Alongside the normal safeguards (including, for example, a proper composition of a non-UK company's board of directors, protecting the genuine autonomy of that board, and ensuring that all decisions relation to the business strategy and activities of the company are actually taken at meetings of the board outside the UK), consideration should now also be given to:

  • Whether or not there is a commercial (as opposed to tax) justification for making any particular decision (however perfectly that decision has been considered, actually made, and documented by a board).
  • Ensuring that formal board minutes accurately reflect the actual discussions conducted at meetings of the board. In evidence laid before the FTT, contemporaneous, handwritten notes made at the time of the meetings of the JerseyCos Boards indicated that the decision to implement the plan was based on "instructions" and "orders" from the parent company irrespective of the fact the formal resolutions and minutes referred to "authorisations" and "approvals".
  • The use and status of non-UK resident, single-purpose companies. There is now authority to distinguish between, on the one hand, offshore companies established to perform a limited, single function for a group of companies (e.g. a finance function) and, on the other, offshore companies established to perform a single act for the benefit of a group of companies.

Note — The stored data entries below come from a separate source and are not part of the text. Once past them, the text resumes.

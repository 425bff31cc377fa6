-- ===== src/Web/Request.antt =====
-- What the web handlers read of an `http.Request`, and how they answer.
pub mod Laws
use hosthalla.Base.{
  ℕ, Bool, List, [], ◌∷◌, Option, none, some, Error, Result, ok, err, Exec, pure, attempt, ◌>>=◌,
}
use hosthalla.Text.{Text}

-- `form` is `r.Form` as far as it could be parsed, and `form_error` the error of `ParseForm`. A key
-- that is present has a value. `header` gives the empty text for a header that is missing.
pub record Request : Type 0 where
  pub path : Text
  pub path_value : Text → Text
  pub query : Text → List Text
  pub form : Text → List Text
  pub form_error : Option Error
  pub header : Text → Text
  pub cookie : Text → Option Text
  pub is_tls : Bool

abbrev pub first_value : List Text → Text
first_value [] = []
first_value (v ∷ vs) = v

-- `r.FormValue(key)`
abbrev pub form_value : Request → Text → Text
form_value r key = first_value (r.form key)

-- `r.URL.Query().Get(key)`
abbrev pub query_value : Request → Text → Text
query_value r key = first_value (r.query key)

-- `http.Error`, with the error whose text is the body; `http.Redirect` with 303; and a body.
pub data Response (A : Type 0) : Type 0 where
  refused : ℕ → Error → Response A
  redirected : Text → Response A
  rendered : A → Response A

module _ {S A B : Type 0} where
  unfoldable pub answer : ℕ → (A → Exec S (Response B)) → Result A → Exec S (Response B)
  answer code next (ok a) = next a
  answer code next (err e) = pure (refused code e)

  -- `if err != nil { http.Error(w, err.Error(), code); return }` after a call.
  unfoldable pub or_refuse : ℕ → Exec S A → (A → Exec S (Response B)) → Exec S (Response B)
  or_refuse code call next = do result ← attempt call; answer code next result

-- `r.ParseForm()`
abbrev pub parse_form : Request → Result (Unit {0})
parse_form r = elim r.form_error [ none ↦ ok tt | some e ↦ err e ]
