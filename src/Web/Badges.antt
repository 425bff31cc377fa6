-- ===== src/Web/Badges.antt =====
-- ui/pages/hosts_page/model/host_metrics.go. A `float64` is its 64 bits, and the operations on it
-- are an instance argument.
pub mod Units
use hosthalla.Base.{
  ℕ, zero, suc, ◌+◌, ◌*◌, ◌/◌, ◌%◌, ◌^◌, ◌≡◌, Bool, true, false, List, [], ◌∷◌, ◌++◌, Option, none,
  some, String, if◌then◌else◌, ltb, leb, ◌==◌, nat_eq, Error, failed, Result, ok, err,
}
use hosthalla.Text.{Text, codes}
use hosthalla.Text.Decimal.{itoa}
use hosthalla.Model.{Metric, SystemInfo}

-- `float64`: conversion, division, product, order, `math.IsNaN`, `math.IsInf`, `math.Max`, `math.Min`
-- and `%.1f`. The order is that of IEEE 754, in which nothing is on both sides of a number.
pub record Float64 : Type 0 where
  pub of_nat : ℕ → ℕ
  pub divide : ℕ → ℕ → ℕ
  pub times : ℕ → ℕ → ℕ
  pub less : ℕ → ℕ → Bool
  pub at_least : ℕ → ℕ → Bool
  pub is_nan : ℕ → Bool
  pub is_inf : ℕ → Bool
  pub max : ℕ → ℕ → ℕ
  pub min : ℕ → ℕ → ℕ
  pub print : ℕ → Text
  pub less_asym : (a b : ℕ) → less a b ≡ true → less b a ≡ false

-- `HostLatestMetricsBadges`
pub record Badges : Type 0 where
  pub cpu : Text
  pub cpu_usage_percentage : ℕ
  pub memory_used : Text
  pub memory_total : Text
  pub memory_usage_bytes : ℕ
  pub memory_total_bytes : ℕ
  pub disk : Text
  pub disk_usage_bytes : ℕ
  pub disk_total_bytes : ℕ
  pub memory_usage_percentage : ℕ
  pub disk_usage_percentage : ℕ

-- The loop of `formatBytes` over `n`, `div` and `exp`; a product wraps at 64 bits.
unfoldable pub scale : ℕ → ℕ → ℕ → ℕ → ℕ × ℕ
scale zero n div exp = (div, exp)
scale (suc fuel) n div exp =
    let rest = scale fuel (n / 1024) (div * 1024 % 2 ^ 64) (exp + 1) in
    if leb 1024 n then rest else (div, exp)

-- An `uint64` is divided down below 1024 in less than 7 rounds.
abbrev pub scale_fuel : ℕ
scale_fuel = 7

abbrev pub suffixes : List Text
suffixes = codes "KB" ∷ codes "MB" ∷ codes "GB" ∷ codes "TB" ∷ codes "PB" ∷ codes "EB" ∷ []

-- An index into an array: out of bounds it panics.
abbrev pub index : {A : Type 0} → List A → ℕ → Result A
index [] n = err (failed "index out of range")
index (x ∷ xs) zero = ok x
index (x ∷ xs) (suc n) = index xs n

module _ ⦃f : Float64⦄ where
  abbrev with_suffix : ℕ → ℕ → Result Text → Result Text
  with_suffix bytes div (err e) = err e
  with_suffix bytes div (ok suffix) =
      ok (f.print (f.divide (f.of_nat bytes) (f.of_nat div)) ++ b' ' ∷ suffix)

  unfoldable pub format_bytes : ℕ → Result Text
  format_bytes bytes =
      let (div, exp) = scale scale_fuel (bytes / 1024) 1024 0 in
      if ltb bytes 1024
      then ok (itoa bytes ++ codes " B")
      else with_suffix bytes div (index suffixes exp)

  unfoldable pub percentage : ℕ → ℕ → ℕ
  percentage used total =
      if total == 0
      then f.of_nat 0
      else f.times (f.divide (f.of_nat used) (f.of_nat total)) (f.of_nat 100)

  abbrev pub text_or_empty : Result Text → Text
  text_or_empty (ok t) = t
  text_or_empty (err e) = []

  abbrev pub total_memory : Option SystemInfo → ℕ
  total_memory none = 0
  total_memory (some info) = info.total_memory_bytes

  abbrev pub total_disk : Option SystemInfo → ℕ
  total_disk none = 0
  total_disk (some info) = info.total_disk_bytes

  -- No call of `formatBytes` panics, which is why its result can be taken as a text.
  unfoldable pub build_host_latest_metrics_badges : Metric → Option SystemInfo → Badges
  build_host_latest_metrics_badges metric info = record {
    cpu = f.print metric.cpu_usage_percentage ++ codes "%";
    cpu_usage_percentage = metric.cpu_usage_percentage;
    memory_used = text_or_empty (format_bytes metric.memory_usage_bytes);
    memory_total =
        if total_memory info == 0 then [] else text_or_empty (format_bytes (total_memory info));
    memory_usage_bytes = metric.memory_usage_bytes;
    memory_total_bytes = total_memory info;
    disk = text_or_empty (format_bytes metric.disk_usage_bytes);
    disk_usage_bytes = metric.disk_usage_bytes;
    disk_total_bytes = total_disk info;
    memory_usage_percentage = percentage metric.memory_usage_bytes (total_memory info);
    disk_usage_percentage = percentage metric.disk_usage_bytes (total_disk info);
  }
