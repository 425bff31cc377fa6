-- ===== src/Web/Badges/Units.antt =====
-- The unit that `formatBytes` chooses.
use mathlib.Core.Path.{subst}
use native.Mathlib.Nat.{
  pow-suc, pow-le-pow_right, div-div-eq-div-mul, le-div_iff_mul-le, div-lt_iff_lt-mul,
}
use hosthalla.Base.{
  ℕ, zero, suc, ◌+◌, ◌*◌, ◌/◌, ◌%◌, ◌^◌, ◌≡◌, ◌≤◌, ◌<◌, refl, sym, ap, ◌∙◌, ok, ltb, leb, arith,
  Bool-cases, inl, inr, IsOk,
}
use hosthalla.Text.{Text}
use hosthalla.Web.Badges.{Float64, scale, scale_fuel, format_bytes, index, suffixes}

-- The state of the loop: the product is exact and no more than the number, and what is left of
-- the number is its quotient by the product.
record Inv (fuel bytes n div exp : ℕ) : Type 0 where
  exact : div ≡ 1024 ^ (exp + 1)
  fits : div ≤ bytes
  quotient : n ≡ bytes / div
  enough : 7 ≤ fuel + exp

-- The product and the exponent of the unit that fits the number.
pub record IsUnit (bytes div exp : ℕ) : Type 0 where
  pub exact : div ≡ 1024 ^ (exp + 1)
  pub named : exp ≤ 5
  pub low : div ≤ bytes
  pub high : bytes < 1024 * div

module _ (bytes : ℕ) (b : bytes < 2 ^ 64) where
  exp_bound : (div exp : ℕ) → div ≡ 1024 ^ (exp + 1) → div ≤ bytes → exp ≤ 5
  exp_bound div exp e le = elim (Bool-cases (leb exp 5)) [
    | inl small ↦ ground arith
    | inr big ↦
        let more : 7 ≤ exp + 1 = ground arith in
        let power : 1024 ^ 7 ≤ 1024 ^ (exp + 1) = pow-le-pow_right {n = 1024} (omega arith) more in
        let large : 1024 ^ 7 ≤ bytes = omega (arith, e, le, power) in absurd (too_large large)
  ]
    where
      too_large : ¬ (1024 ^ 7 ≤ bytes)
      too_large h = omega arith

  pos_div : (div exp : ℕ) → div ≡ 1024 ^ (exp + 1) → 0 < div
  pos_div div exp e =
      let power : 1024 ^ 0 ≤ 1024 ^ (exp + 1) =
        pow-le-pow_right {n = 1024} (omega arith) {i = 0} (omega arith) in
      omega (arith, power)

  divided-IsUnit :
      (fuel n div exp : ℕ)
      → Inv fuel bytes n div exp
      → IsUnit bytes (scale fuel n div exp).0 (scale fuel n div exp).1
  unfolding scale
  divided-IsUnit zero n div exp h =
      absurd (short (exp_bound div exp h.exact h.fits) (omega (arith, h.enough)))
    where
      short : exp ≤ 5 → ¬ (7 ≤ exp)
      short le ge = omega arith
  divided-IsUnit (suc fuel) n div exp h = elim (Bool-cases (leb 1024 n)) [
    | inl large ↦
        let up : 1024 ≤ bytes / div = subst (λ q. 1024 ≤ q) h.quotient (ground arith) in
        let product : 1024 * div ≤ bytes = (le-div_iff_mul-le (pos_div div exp h.exact)).0 up in
        let after : suc (exp + 1) ≡ exp + 1 + 1 = omega arith in
        let same : div * 1024 % 2 ^ 64 ≡ div * 1024 = omega arith in
        rw (large, same)
          (divided-IsUnit fuel (n / 1024) (div * 1024) (exp + 1) (record {
            exact =
                ap (λ d. d * 1024) h.exact
                ∙ sym (pow-suc 1024 (exp + 1))
                ∙ ap (λ k. 1024 ^ k) after;
            fits = omega arith;
            quotient = ap (λ m. m / 1024) h.quotient ∙ div-div-eq-div-mul bytes div 1024;
            enough = omega (arith, h.enough);
          }))
    | inr small ↦
        let down : bytes / div < 1024 = subst (λ q. q < 1024) h.quotient (ground arith) in
        rw small (record {
          exact = h.exact;
          named = exp_bound div exp h.exact h.fits;
          low = h.fits;
          high = (div-lt_iff_lt-mul (pos_div div exp h.exact)).0 down;
        })
  ]

  scale-IsUnit :
      1024 ≤ bytes
      → IsUnit bytes
          (scale scale_fuel (bytes / 1024) 1024 0).0
          (scale scale_fuel (bytes / 1024) 1024 0).1
  scale-IsUnit le =
      divided-IsUnit scale_fuel (bytes / 1024) 1024 0
        (record { exact = refl; fits = le; quotient = refl; enough = omega arith })

  index_ok : (exp : ℕ) → exp ≤ 5 → (t : Text) × (index suffixes exp ≡ ok t)
  index_ok zero le = (_, refl)
  index_ok (suc zero) le = (_, refl)
  index_ok (suc (suc zero)) le = (_, refl)
  index_ok (suc (suc (suc zero))) le = (_, refl)
  index_ok (suc (suc (suc (suc zero)))) le = (_, refl)
  index_ok (suc (suc (suc (suc (suc zero))))) le = (_, refl)
  index_ok (suc (suc (suc (suc (suc (suc n)))))) le = absurd (omega arith)

  pub format_bytes-IsUnit :
      ⦃f : Float64⦄
      → IsOk (format_bytes bytes)
        × (1024 ≤ bytes
            → IsUnit bytes
                (scale scale_fuel (bytes / 1024) 1024 0).0
                (scale scale_fuel (bytes / 1024) 1024 0).1)
  unfolding format_bytes
  format_bytes-IsUnit = (
    elim (Bool-cases (ltb bytes 1024)) [
      | inl small ↦ rw small tt
      | inr large ↦
          let (t, e) =
            index_ok (scale scale_fuel (bytes / 1024) 1024 0).1
              (scale-IsUnit (ground arith)).named in
          rw (large, e) tt
    ],
    scale-IsUnit,
  )
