-- ===== src/Web/Forms.antt =====
-- `parseHostTags`, `parseHostTagsValues` and `normalizeHostsQueryValues` of
-- internal/web/handlers/hosts.go.
pub mod Normal
use hosthalla.Base.{
  ℕ, Bool, not, ◌||◌, List, [], ◌∷◌, ◌++◌, if◌then◌else◌, ◌==◌, nat_eq, text_eq, contains,
  select_rows,
}
use hosthalla.Text.{Text, Unicode}
use hosthalla.Text.Normalize.{normalized, normalize_step}

abbrev add_front : ℕ → List Text → List Text
add_front c [] = (c ∷ []) ∷ []
add_front c (part ∷ parts) = (c ∷ part) ∷ parts

-- The pieces between the separators, of which there is always one.
unfoldable pub split_where : (ℕ → Bool) → Text → List Text
split_where p [] = [] ∷ []
split_where p (c ∷ s) = let rest = split_where p s in if p c then [] ∷ rest else add_front c rest

-- `strings.Split(s, ",")`
abbrev pub split_comma : Text → List Text
split_comma = split_where (λ c. c == b',')

-- `strings.FieldsFunc`
unfoldable pub fields_func : (ℕ → Bool) → Text → List Text
fields_func p s = select_rows (λ part. not (part == [])) (split_where p s)

unfoldable pub parse_host_tags : Text → List Text
parse_host_tags = fields_func (λ c. c == b',' || c == 10)

module _ ⦃u : Unicode⦄ where
  -- The inner loop of `parseHostTagsValues`: the body is the one of `normalizeTags`.
  unfoldable pub parse_tags : List Text × List Text → List Text → List Text × List Text
  parse_tags state [] = state
  parse_tags state (tag ∷ tags) = parse_tags (normalize_step state tag) tags

  unfoldable pub parse_values : List Text × List Text → List Text → List Text × List Text
  parse_values state [] = state
  parse_values state (value ∷ values) =
      parse_values (parse_tags state (parse_host_tags value)) values

  unfoldable pub parse_host_tags_values : List Text → List Text
  parse_host_tags_values values = (parse_values ([], []) values).1

  module _ (valid : Text → Bool) where
    unfoldable pub query_step : List Text × List Text → Text → List Text × List Text
    query_step (seen, result) part =
        let normal = normalized part in
        if normal == [] || contains seen normal || not (valid normal)
        then (seen, result)
        else (normal ∷ seen, result ++ normal ∷ [])

    unfoldable pub query_parts : List Text × List Text → List Text → List Text × List Text
    query_parts state [] = state
    query_parts state (part ∷ parts) = query_parts (query_step state part) parts

    unfoldable pub query_values : List Text × List Text → List Text → List Text × List Text
    query_values state [] = state
    query_values state (value ∷ values) =
        query_values (query_parts state (split_comma value)) values

    unfoldable pub normalize_hosts_query_values : List Text → List Text
    normalize_hosts_query_values values = (query_values ([], []) values).1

As a practical matter, the decision also raises difficult issues in respect of identifying potential, historical, tax residency issues when, for example, conducting a due diligence exercise in anticipation of a share acquisition. Clearly, on the basis of this decision, the formal records represented by a target company's board minutes will not, necessarily, always accurately reflect the reality of where a company's CMC has been exercised substance will always outrank form where the evidence is strong enough.

That said, the decision in Development Securities is also equally reassuring. Although it acts as a timely reminder to ensure advice and processes are robust, there is no implication that the use of a non-UK resident company in a group's commercial operations is about to be challenged. This is good news for those businesses that routinely adopt such structures as part of a long-term strategy, including, in particular, real estate investment companies that use Luxembourg companies to hold UK assets.

Corporate tax residency looks set to continue to be a potential battleground in the future over the true extent of the UK tax base. It is entirely possible that, given the revenue challenges the UK will face in the coming years, HMRC will consider analysing, and challenging, corporate residency more aggressively. Taxpayers with offshore operations and structures might like to double-check they are still standing on the right side of the line in the sand.